- GIVEN RECORDS
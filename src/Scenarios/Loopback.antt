-- ===== src/Scenarios/Loopback.antt =====
-- An asynchronous backend that gives back what it is sent, and a port on it.
use anyserial.Base.{ℕ, ◌≤◌, ◌≡◌, refl, true, false, List, [], ◌∷◌, ◌++◌, pos, take, drop, length}
use anyserial.Errors.{Exn, ok}
use anyserial.Config.{default_config}
use anyserial.Backend.Asynchronous.{AsyncBackend}
use anyserial.Stream.Port.{Wake}
use anyserial.Stream.Loop.{Op, Event}
use anyserial.AsyncPort.{Pending}
use anyserial.AsyncPort.Loop.{AsyncWorld, run, step}
use anyserial.AsyncPort.Exclusion.{count}
use anyserial.AsyncPort.Closing.{asks, IsUnasked, closed_asks_nothing}

abbrev loopback : AsyncBackend (List ℕ)
loopback = record {
  path = λ b. "COM3";
  is_open = λ b. true;
  open_port = λ path c b. (ok tt, b);
  aclose = λ b. (ok tt, []);
  receive = λ n b. (ok (take n b), drop n b);
  receive_into = λ buffer b. (ok (length (take (length buffer) b), buffer), drop (length buffer) b);
  send = λ xs b. (ok tt, b ++ xs);
  configure = λ c b. (ok tt, b);
  reset_input_buffer = λ b. (ok tt, []);
  reset_output_buffer = λ b. (ok tt, b);
  drain = λ b. (ok tt, b);
  send_break = λ d b. (ok tt, b);
  modem_lines = λ b. (ok (record { cts = true; dsr = true; ri = false; cd = true }), b);
  set_control_lines = λ rts dtr b. (ok tt, b);
  input_waiting = λ b. (ok (length b), b);
  output_waiting = λ b. (ok 0, b);
  interrupted = λ e b. b;
}

-- A read, a second read, a write and a reconfiguration, and how their awaits end.
abbrev events : List Event
events =
    Event.call (Op.receive (pos 4))
    ∷ Event.call (Op.receive (pos 4))
    ∷ Event.call (Op.send (1 ∷ 2 ∷ []))
    ∷ Event.call (Op.configure default_config)
    ∷ Event.wake 1 Wake.ready
    ∷ Event.wake 1 (Wake.threw Exn.cancelled)
    ∷ []

-- A closed port, with a read and the backend's `aclose` under way.
abbrev closing : AsyncWorld (List ℕ)
closing = record {
  port = record {
    backend = 7 ∷ [];
    config = default_config;
    closed = true;
    receive_guard = true;
    send_guard = false;
    configure_lock = false;
    close_lock = true;
  };
  tasks = Pending.closing ∷ Pending.receiving 4 ∷ [];
  results = [];
}

closed_asks_nothing_example :
    ((run loopback closing events).port.closed ≡ true)
    × (count asks (run loopback closing events).tasks ≤ 2)
    × ((e : Event)
        → IsUnasked loopback
            (run loopback closing events)
            (step loopback (run loopback closing events) e))
closed_asks_nothing_example = closed_asks_nothing loopback closing events refl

- THE TASK
Copy out every line in the records where the word "List" is found.

- REPLY TO THE EXERCISE
use anyserial.Base.{ℕ, ◌≤◌, ◌≡◌, refl, true, false, List, [], ◌∷◌, ◌++◌, pos, take, drop, length}
abbrev loopback : AsyncBackend (List ℕ)
abbrev events : List Event
abbrev closing : AsyncWorld (List ℕ)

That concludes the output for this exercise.